Novel Approach for Effective Automatic Story Generation in English Language
Main Article Content
Abstract
This study investigates the connections among different automated evaluation criteria for the creation of short stories. The N-gram model, the CBOW (Continuous Bag-of-Words) model, the GRU (Gated Recurrent Unit) model, and the Generative Pre-trained Transformer 2 (GPT-2) model are among the language models it uses to generate texts from short stories. Aesop's brief stories are used to instruct all models.
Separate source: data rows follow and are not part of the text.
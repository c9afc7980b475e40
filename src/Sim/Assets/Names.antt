-- ===== src/Sim/Assets/Names.antt =====
-- sim/ports/sim_mmap_assets.c: `_name_cmp`, by which the staged files are sorted.
use micro_tech.Prelude.{
  false, ℕ, zero, suc, ◌≡◌, refl, ap, ap₂, ◌∙◌, sym, Option, none, some, List, [], ◌∷◌, ◌++◌,
  length, ltb, ◌==◌, if◌then◌else◌, arith, Bool-cases, inl, inr, ==_iff,
}

-- A result of `strcmp`, `memcmp` or `_name_cmp`: below 0, 0, or above 0.
pub data Order : Type 0 where
  less same more : Order

-- `strcmp` of two names
unfoldable pub str_cmp : List ℕ → List ℕ → Order
str_cmp [] [] = same
str_cmp [] (b ∷ t) = less
str_cmp (a ∷ s) [] = more
str_cmp (a ∷ s) (b ∷ t) =
    let rest = str_cmp s t in if a == b then rest else if ltb a b then less else more

-- `memcmp` of the first `n` bytes, which both names have
unfoldable pub mem_cmp : ℕ → List ℕ → List ℕ → Order
mem_cmp zero s t = same
mem_cmp (suc n) [] t = same
mem_cmp (suc n) (a ∷ s) [] = same
mem_cmp (suc n) (a ∷ s) (b ∷ t) =
    let rest = mem_cmp n s t in if a == b then rest else if ltb a b then less else more

-- `strrchr(name, '.')`: what stands before the last dot, and the rest from the dot on.
unfoldable pub last_dot : List ℕ → Option (List ℕ × List ℕ)
last_dot [] = none
last_dot (c ∷ name) = elim (last_dot name) [
  | some (base, ext) ↦ some (c ∷ base, ext)
  | none ↦ if c == 46 then some ([], c ∷ name) else none
]

abbrev pub common : ℕ → ℕ → ℕ
common lb rb = if ltb lb rb then lb else rb

-- The end of `_name_cmp`, with the result of `memcmp`.
abbrev pub after_mem : Order → ℕ → ℕ → Order
after_mem same lb rb = if ltb lb rb then less else if ltb rb lb then more else same
after_mem less lb rb = less
after_mem more lb rb = more

-- The same from the comparison of the extensions on.
abbrev pub after_ext : Order → List ℕ → List ℕ → ℕ → ℕ → Order
after_ext same left right lb rb = after_mem (mem_cmp (common lb rb) left right) lb rb
after_ext less left right lb rb = less
after_ext more left right lb rb = more

-- The same, with what `strrchr` has found in the two names; `none` is NULL.
abbrev pub compare_parts :
    Option (List ℕ × List ℕ) → Option (List ℕ × List ℕ) → List ℕ → List ℕ → Order
compare_parts none right_dot left right = str_cmp left right
compare_parts (some left_dot) none left right = str_cmp left right
compare_parts (some (lb, la)) (some (rb, ra)) left right =
    after_ext (str_cmp la ra) left right (length lb) (length rb)

-- `_name_cmp`
unfoldable pub name_cmp : List ℕ → List ℕ → Order
name_cmp left right = compare_parts (last_dot left) (last_dot right) left right

-- The first of two comparisons that tells the two apart.
abbrev pub then_by : Order → Order → Order
then_by same o = o
then_by less o = less
then_by more o = more

common-suc : (m n : ℕ) → common (suc m) (suc n) ≡ suc (common m n)
common-suc m n = ground arith

after_mem-suc : (o : Order) (m n : ℕ) → after_mem o (suc m) (suc n) ≡ after_mem o m n
after_mem-suc o m n = ground arith

-- One byte more on both sides.
after_mem_pick :
    (x y : ℕ) (o : Order) (m n : ℕ)
    → after_mem (if x == y then o else if ltb x y then less else more) (suc m) (suc n)
      ≡ (if x == y then after_mem o m n else if ltb x y then less else more)
after_mem_pick x y o m n = elim (Bool-cases (x == y)) [
  | inl e ↦ rw (e, if◌then◌else◌) (after_mem-suc o m n)
  | inr e ↦
      rw (e, if◌then◌else◌)
        (elim (Bool-cases (ltb x y)) [
          | inl l ↦ rw (l, if◌then◌else◌) refl
          | inr l ↦ rw (l, if◌then◌else◌) refl
        ])
]

mem_cmp-suc :
    (n x y : ℕ) (s t : List ℕ)
    → mem_cmp (suc n) (x ∷ s) (y ∷ t)
      ≡ (if x == y then mem_cmp n s t else if ltb x y then less else more)
unfolding mem_cmp
mem_cmp-suc n x y s t = refl

-- Two parts of two names, each with what follows it.
mem_cmp-append :
    (xs ys s t : List ℕ)
    → after_mem
        (mem_cmp (common (length xs) (length ys)) (xs ++ s) (ys ++ t))
        (length xs)
        (length ys)
      ≡ str_cmp xs ys
mem_cmp-append [] [] s t = unfold mem_cmp str_cmp in refl
mem_cmp-append [] (y ∷ ys) s t = unfold mem_cmp str_cmp in ground arith
mem_cmp-append (x ∷ xs) [] s t = unfold mem_cmp str_cmp in ground (arith)
mem_cmp-append (x ∷ xs) (y ∷ ys) s t =
    let m = length xs in
    let n = length ys in
    ap (λ (k : ℕ). after_mem (mem_cmp k (x ∷ (xs ++ s)) (y ∷ (ys ++ t))) (suc m) (suc n))
      (common-suc m n)
    ∙ ap (λ (o : Order). after_mem o (suc m) (suc n))
        (mem_cmp-suc (common m n) x y (xs ++ s) (ys ++ t))
    ∙ after_mem_pick x y (mem_cmp (common m n) (xs ++ s) (ys ++ t)) m n
    ∙ ap (λ (o : Order). if x == y then o else if ltb x y then less else more)
        (mem_cmp-append xs ys s t)
    ∙ (unfold str_cmp in refl)

last_dot-append : (name base ext : List ℕ) → last_dot name ≡ some (base, ext) → name ≡ base ++ ext
unfolding last_dot
last_dot-append [] base ext h = ground arith
last_dot-append (c ∷ name) base ext h = go (last_dot-append name) (last_dot name) refl h
  where
    go :
        ((b e : List ℕ) → last_dot name ≡ some (b, e) → name ≡ b ++ e)
        → (d : Option (List ℕ × List ℕ)) → last_dot name ≡ d
        → let found : Option (List ℕ × List ℕ) = elim d [
          | some (b, e) ↦ some (c ∷ b, e)
          | none ↦ if c == 46 then some ([], c ∷ name) else none
        ] in
          found ≡ some (base, ext) → c ∷ name ≡ base ++ ext
    go before none q h = ground arith
    go before (some (b, e)) q h = ground (arith, before b e q)

after_ext_lem :
    (o : Order) (lb la rb ra : List ℕ)
    → after_ext o (lb ++ la) (rb ++ ra) (length lb) (length rb) ≡ then_by o (str_cmp lb rb)
after_ext_lem same lb la rb ra = mem_cmp-append lb rb la ra
after_ext_lem less lb la rb ra = refl
after_ext_lem more lb la rb ra = refl

name_cmp_parts :
    (left right : List ℕ) (d e : Option (List ℕ × List ℕ))
    → last_dot left ≡ d
    → last_dot right ≡ e
    → name_cmp left right ≡ compare_parts d e left right
unfolding name_cmp
name_cmp_parts left right d e p q =
    ap₂ (λ (d e : Option (List ℕ × List ℕ)). compare_parts d e left right) p q

name_cmp_split :
    (left right lb la rb ra : List ℕ)
    → last_dot left ≡ some (lb, la)
    → last_dot right ≡ some (rb, ra)
    → name_cmp left right ≡ then_by (str_cmp la ra) (str_cmp lb rb)
name_cmp_split left right lb la rb ra dl dr =
    let parts : name_cmp left right ≡ after_ext (str_cmp la ra) left right (length lb) (length rb) =
      name_cmp_parts left right (some (lb, la)) (some (rb, ra)) dl dr in
    parts
    ∙ ap₂ (λ (l r : List ℕ). after_ext (str_cmp la ra) l r (length lb) (length rb))
        (last_dot-append left lb la dl) (last_dot-append right rb ra dr)
    ∙ after_ext_lem (str_cmp la ra) lb la rb ra

str_cmp-same : (s t : List ℕ) → str_cmp s t ≡ same → s ≡ t
unfolding str_cmp
str_cmp-same [] [] h = refl
str_cmp-same [] (b ∷ t) h = ground arith
str_cmp-same (a ∷ s) [] h = ground arith
str_cmp-same (a ∷ s) (b ∷ t) h = ground (arith, str_cmp-same s t, ==_iff a b)

abbrev pub flip : Order → Order
flip less = more
flip same = same
flip more = less

str_cmp-flip : (s t : List ℕ) → str_cmp t s ≡ flip (str_cmp s t)
unfolding str_cmp
str_cmp-flip [] [] = refl
str_cmp-flip [] (b ∷ t) = refl
str_cmp-flip (a ∷ s) [] = refl
str_cmp-flip (a ∷ s) (b ∷ t) = ground (arith, str_cmp-flip s t, ==_iff a b, ==_iff b a)

then_by-flip : (o p : Order) → then_by (flip o) (flip p) ≡ flip (then_by o p)
then_by-flip o p = ground arith

then_by-same : (o p : Order) → then_by o p ≡ same → (o ≡ same) × (p ≡ same)
then_by-same o p h = ground arith

-- The comparison of two names the other way round has the opposite result, and only a name and itself
-- compare as 0: two files of one directory do not depend on what `qsort` does with equal items.
pub name_cmp_result :
    (left right : List ℕ)
    → (name_cmp right left ≡ flip (name_cmp left right))
      × (name_cmp left right ≡ same → left ≡ right)
name_cmp_result left right = go (last_dot left) (last_dot right) refl refl
  where
    plain :
        name_cmp left right ≡ str_cmp left right
        → name_cmp right left ≡ str_cmp right left
        → (name_cmp right left ≡ flip (name_cmp left right))
          × (name_cmp left right ≡ same → left ≡ right)
    plain p q =
        (q ∙ str_cmp-flip left right ∙ ap flip (sym p), λ h. str_cmp-same left right (sym p ∙ h))

    go :
        (d e : Option (List ℕ × List ℕ))
        → last_dot left ≡ d
        → last_dot right ≡ e
        → (name_cmp right left ≡ flip (name_cmp left right))
          × (name_cmp left right ≡ same → left ≡ right)
    go none none p q =
        plain (name_cmp_parts left right none none p q) (name_cmp_parts right left none none q p)
    go none (some r) p q =
        plain (name_cmp_parts left right none (some r) p q)
          (name_cmp_parts right left (some r) none q p)
    go (some l) none p q =
        plain (name_cmp_parts left right (some l) none p q)
          (name_cmp_parts right left none (some l) q p)
    go (some (lb, la)) (some (rb, ra)) p q =
        let there = name_cmp_split left right lb la rb ra p q in
        let back = name_cmp_split right left rb ra lb la q p in
        (
          back
              ∙ ap₂ then_by (str_cmp-flip la ra) (str_cmp-flip lb rb)
              ∙ then_by-flip (str_cmp la ra) (str_cmp lb rb)
              ∙ ap flip (sym there),
          λ h.
              let (x, b) = then_by-same (str_cmp la ra) (str_cmp lb rb) (sym there ∙ h) in
              last_dot-append left lb la p
              ∙ ap₂ ◌++◌ (str_cmp-same lb rb b) (str_cmp-same la ra x)
              ∙ sym (last_dot-append right rb ra q),
        )

-- No byte of the text is a dot.
abbrev pub IsDotless : List ℕ → Type 0
IsDotless [] = Unit
IsDotless (c ∷ text) = ((c == b'.') ≡ false) × IsDotless text

last_dot-dotless : (text : List ℕ) → IsDotless text → last_dot text ≡ none
unfolding last_dot
last_dot-dotless [] d = refl
last_dot-dotless (c ∷ text) (h, d) = ground (arith, h, last_dot-dotless text d)

last_dot-ext :
    (base ext : List ℕ) → IsDotless ext → last_dot (base ++ (b'.' ∷ ext)) ≡ some (base, b'.' ∷ ext)
unfolding last_dot
last_dot-ext [] ext d = ground (arith, last_dot-dotless ext d)
last_dot-ext (c ∷ base) ext d = ground (arith, last_dot-ext base ext d)

str_cmp-cons : (c : ℕ) (s t : List ℕ) → str_cmp (c ∷ s) (c ∷ t) ≡ str_cmp s t
unfolding str_cmp
str_cmp-cons c s t = ground arith

-- Two names that have a dot each are sorted by what follows the last dot, and then by what stands
-- before it, where a dot may stand too.
pub name_cmp_dotted :
    (left_base left_ext right_base right_ext : List ℕ)
    → IsDotless left_ext
    → IsDotless right_ext
    → name_cmp (left_base ++ (b'.' ∷ left_ext)) (right_base ++ (b'.' ∷ right_ext))
      ≡ then_by (str_cmp left_ext right_ext) (str_cmp left_base right_base)
name_cmp_dotted left_base left_ext right_base right_ext dl dr =
    name_cmp_split (left_base ++ (b'.' ∷ left_ext)) (right_base ++ (b'.' ∷ right_ext)) left_base
      (b'.' ∷ left_ext) right_base (b'.' ∷ right_ext) (last_dot-ext left_base left_ext dl)
      (last_dot-ext right_base right_ext dr)
    ∙ ap (λ (o : Order). then_by o (str_cmp left_base right_base))
        (str_cmp-cons b'.' left_ext right_ext)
The produced texts are assessed using a number of metrics, such as WMD (Word Mover's Distance), BERTScore, Perplexity, BLEU score, the quantity of grammatical errors, Self-BLEU score, and ROUGE score. When these evaluation measures are correlated, four different clusters of metrics with significant relationships are found. The first cluster shows a moderate correlation between perplexity and grammatical errors. The second group reveals a strong correlation between BLEU, ROUGE, and BERTScore. In contrast, WMD exhibits a negative correlation with BLEU, ROUGE and BERTScore. Furthermore, Self-BLEU, which measures the diversity of the generated text, shows no significant correlation with any of the other metrics. Ultimately, the study concludes that a comprehensive evaluation of generated text requires the use of multiple metrics, each focusing on a different characteristic of the text quality.